Highlights & Insights

  • Extremely High Stealth: Semantic-preserving variable renaming is nearly impossible to detect in code reviews, contrasting sharply with traditional prompt injection (which requires obviously malicious instructions). This makes the attack surface more realistic and dangerous.
  • Discovery of Confidence Monotonicity: This is highly valuable—it serves not only as the technical foundation for the attack but also reveals the excessive reliance of LLMs on surface-level code forms rather than semantics, representing a fundamental flaw in current architectures.
  • From a defensive perspective, this work directly points toward a design improvement: coding assistants should differentiate the trustworthiness of context sources rather than indiscriminately mixing all code.

Limitations & Future Work

  • The attack assumes the attacker has code submission permissions, which is realistic in open-source projects but more difficult in strictly controlled private projects.
  • GCGS requires multiple queries to the target model to search for effective transformations, which can be costly for commercial APIs.
  • Defense strategies were not discussed in depth—how to distinguish context source trustworthiness without reducing generation quality remains an open problem.
  • Currently, only Python code has been tested; the effectiveness of attacks on other programming languages remains unverified.
  • vs. Prompt Injection: Traditional prompt injection requires inserting obvious malicious instructions into the input, which is easily detected. XOXO achieves the attack via semantic-preserving transformations where the modification itself is entirely legal, representing a different level of stealth.
  • vs.
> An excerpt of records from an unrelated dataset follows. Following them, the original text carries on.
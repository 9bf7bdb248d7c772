-- ===== src/Reactor/ThreadPool/Waking.antt =====
-- A thread of the server that its queue wakes: from the event to the tasks that have run.
use rins.Prelude.{
  ℕ, ◌≡◌, refl, sym, ap, ◌∙◌, List, [], ◌∷◌, ◌++◌, append_assoc, append-nil, some, true, Result, ok,
  fault, ◌>>=◌,
}
use rins.Prelude.Maps.{find}
use rins.Reactor.EventLoop.{
  EventLoop, IoEvent, Fired, calls, add_task, call_of, action_of, perform, dispatch, run_all,
  execute_ready_task, event_process,
}
use rins.Reactor.Callback.{Callback, Task, deal_task_message as task_callback}
use rins.Reactor.ThreadQueue.{ThreadQueue, reads_all, recv}
use rins.Reactor.ThreadPool.{TaskMsg, new_conn, new_task, deal_all, deal_task_message}

abbrev pub Loop : Type 0
Loop = EventLoop Callback Task

-- The tasks among the messages
unfoldable pub tasks_of : List TaskMsg → List Task
tasks_of [] = []
tasks_of (new_conn connfd ∷ ms) = tasks_of ms
tasks_of (new_task func ∷ ms) = func ∷ tasks_of ms

then_each :
    {A B D : Type 0} (m : Result A) (f : A → Result D) (g : A → Result B) (h : B → Result D)
    → ((a : A) → f a ≡ (g a >>= h))
    → (m >>= f) ≡ (m >>= g >>= h)
then_each (fault e) f g h same = refl
then_each (ok a) f g h same = same a

>>=-ok : {A : Type 0} (m : Result A) → (m >>= λ a. ok a) ≡ m
>>=-ok (fault e) = refl
>>=-ok (ok a) = refl

>>=-values :
    {A B D E : Type 0} (m : Result A) (f : A → B) (g : B → D) (h : D → E)
    → (((m >>= λ a. ok (f a)) >>= λ b. ok (g b)) >>= (λ d. ok (h d)) >>= λ e. ok e)
      ≡ (m >>= λ a. ok (h (g (f a))))
>>=-values (fault e) f g h = refl
>>=-values (ok a) f g h = refl

action_of-calls :
    (f : Fired) (ev : IoEvent Callback) (l : Loop)
    → find f.fd l.io_evs ≡ some ev
    → ev.read_callback ≡ some task_callback
    → f.ev_in ≡ true
    → action_of f l ≡ ok (calls task_callback)
unfolding action_of call_of
action_of-calls f ev l e reads fired = rw (e, action_of) (rw (fired, reads, call_of) refl)

module _ {W : Type 0} where
  -- The loop with more tasks at the end of `_read_tasks`
  abbrev pub later : List Task → Loop × W → Loop × W
  later funcs (l, w) = (record l { tasks = l.tasks ++ funcs }, w)

  later-nil : (s : Loop × W) → later [] s ≡ s
  later-nil (l, w) = ap (λ ts. (record l { tasks = ts }, w)) (append-nil l.tasks)

  later-later : (fs gs : List Task) (s : Loop × W) → later gs (later fs s) ≡ later (fs ++ gs) s
  later-later fs gs (l, w) = ap (λ ts. (record l { tasks = ts }, w)) (append_assoc l.tasks fs gs)

  module _ (new_tcp_conn : ℕ → Loop × W → Result (Loop × W)) where
    -- The connections among the messages, constructed in order
    unfoldable pub construct : List TaskMsg → Loop × W → Result (Loop × W)
    construct [] s = ok s
    construct (new_conn connfd ∷ ms) s = do t ← new_tcp_conn connfd s; construct ms t
    construct (new_task func ∷ ms) s = construct ms s

    -- The callbacks of a thread's loop: its queue's own, and the others.
    unfoldable pub thread_call :
        (Callback
          → ℕ
          → Loop × (ThreadQueue TaskMsg × W)
          → Result (Loop × (ThreadQueue TaskMsg × W)))
        → Callback
        → ℕ
        → Loop × (ThreadQueue TaskMsg × W)
        → Result (Loop × (ThreadQueue TaskMsg × W))
    thread_call others task_callback fd (l, (q, w)) = do
      t ← deal_task_message new_tcp_conn q (l, w)
      ok (t.1.0, (t.0, t.1.1))
    thread_call others proc fd s = others proc fd s

    -- What a thread does when its queue wakes it: the connections in order, and then all tasks.
    unfoldable pub woken :
        (Task → Loop × (ThreadQueue TaskMsg × W) → Result (Loop × (ThreadQueue TaskMsg × W)))
        → ThreadQueue TaskMsg
        → Loop × W
        → Result (Loop × (ThreadQueue TaskMsg × W))
    woken run q s = do
      t ← construct q.queue s
      let all = later (tasks_of q.queue) t
      u ← run_all run all.0.tasks (all.0, (record { queue = []; evfd = reads_all ∷ q.evfd }, t.1))
      ok (record u.0 { tasks = [] }, u.1)

    module _
        (apart : (connfd : ℕ) (funcs : List Task) (s : Loop × W)
          → new_tcp_conn connfd (later funcs s)
            ≡ (new_tcp_conn connfd s >>= λ t. ok (later funcs t))) where
      construct-later :
          (ms : List TaskMsg) (funcs : List Task) (s : Loop × W)
          → construct ms (later funcs s) ≡ (construct ms s >>= λ t. ok (later funcs t))
      unfolding construct
      construct-later [] funcs s = refl
      construct-later (new_conn connfd ∷ ms) funcs s =
          ap (λ m. m >>= construct ms) (apart connfd funcs s)
          ∙ sym (
              then_each (new_tcp_conn connfd s) (λ t. construct ms (later funcs t))
                (λ t. ok (later funcs t)) (construct ms) (λ t. refl))
          ∙ then_each (new_tcp_conn connfd s) (λ t. construct ms (later funcs t)) (construct ms)
              (λ t. ok (later funcs t)) (λ t. construct-later ms funcs t)
      construct-later (new_task func ∷ ms) funcs s = construct-later ms funcs s

      deal_all-construct :
          (ms : List TaskMsg) (s : Loop × W)
          → deal_all new_tcp_conn ms s ≡ (construct ms s >>= λ t. ok (later (tasks_of ms) t))
      unfolding deal_all construct tasks_of add_task
      deal_all-construct [] s = ap ok (sym (later-nil s))
      deal_all-construct (new_conn connfd ∷ ms) s =
          then_each (new_tcp_conn connfd s) (deal_all new_tcp_conn ms) (construct ms)
            (λ t. ok (later (tasks_of ms) t)) (λ t. deal_all-construct ms t)
      deal_all-construct (new_task func ∷ ms) s =
          deal_all-construct ms (later (func ∷ []) s)
          ∙ ap (λ m. m >>= λ t. ok (later (tasks_of ms) t)) (construct-later ms (func ∷ []) s)
          ∙ sym (
              then_each (construct ms s) (λ t. ok (later (func ∷ tasks_of ms) t))
                (λ t. ok (later (func ∷ []) t)) (λ t. ok (later (tasks_of ms) t))
                (λ t. ap ok (sym (later-later (func ∷ []) (tasks_of ms) t))))

      module _
          (run : Task
            → Loop × (ThreadQueue TaskMsg × W)
            → Result (Loop × (ThreadQueue TaskMsg × W)))
          (others : Callback
            → ℕ
            → Loop × (ThreadQueue TaskMsg × W)
            → Result (Loop × (ThreadQueue TaskMsg × W))) where
        dispatch_woken :
            (f : Fired) (ev : IoEvent Callback) (q : ThreadQueue TaskMsg) (l : Loop) (w : W)
            → find f.fd l.io_evs ≡ some ev
            → ev.read_callback ≡ some task_callback
            → f.ev_in ≡ true
            → dispatch (thread_call others) (f ∷ []) (l, (q, w)) ≡ (
                construct q.queue (l, w) >>= λ t. ok (
                  (later (tasks_of q.queue) t).0,
                  (record { queue = []; evfd = reads_all ∷ q.evfd }, t.1),
                ))
        unfolding dispatch perform thread_call deal_task_message recv
        dispatch_woken f ev q l w e reads fired =
            rw (action_of-calls f ev l e reads fired, deal_all-construct q.queue (l, w))
              (>>=-values (construct q.queue (l, w)) (later (tasks_of q.queue))
                (λ t. (record { queue = []; evfd = reads_all ∷ q.evfd }, t))
                (λ t. (t.1.0, (t.0, t.1.1))))

        pub event_process-woken :
            (f : Fired) (ev : IoEvent Callback) (q : ThreadQueue TaskMsg) (l : Loop) (w : W)
            → find f.fd l.io_evs ≡ some ev
            → ev.read_callback ≡ some task_callback
            → f.ev_in ≡ true
            → event_process (thread_call others) run ((f ∷ []) ∷ []) (l, (q, w))
              ≡ woken run q (l, w)
        unfolding event_process woken execute_ready_task
        event_process-woken f ev q l w e reads fired =
            ap (λ m. m >>= λ s. execute_ready_task run s >>= λ t. ok t)
              (dispatch_woken f ev q l w e reads fired)
            ∙ sym (
                then_each (construct q.queue (l, w)) _ _
                  (λ s. execute_ready_task run s >>= λ t. ok t)
                  (λ t. sym (
                    >>=-ok (
                      execute_ready_task run (
                        (later (tasks_of q.queue) t).0,
                        (record { queue = []; evfd = reads_all ∷ q.evfd }, t.1),
                      )))))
Code Classification Attacks: Previous semantic-preserving attacks primarily targeted code classification tasks (defect detection, clone detection) and required class confidence feedback. XOXO is the first to extend such attacks to code generation tasks.

Rating

  • Novelty: ⭐⭐⭐⭐⭐ Defines an entirely new attack paradigm, XOXO; the discovery of confidence monotonicity has theoretical value.
  • Experimental Thoroughness: ⭐⭐⭐⭐⭐ 8 models, multiple benchmarks, real Copilot attack verification, and statistical significance tests.
  • Writing Quality: ⭐⭐⭐⭐⭐ Attack motivation and threat models are described clearly, and real attack cases are highly persuasive.
  • Value: ⭐⭐⭐⭐⭐ Reveals significant security risks in AI coding assistants with direct industrial impact; responsibly disclosed to vendors.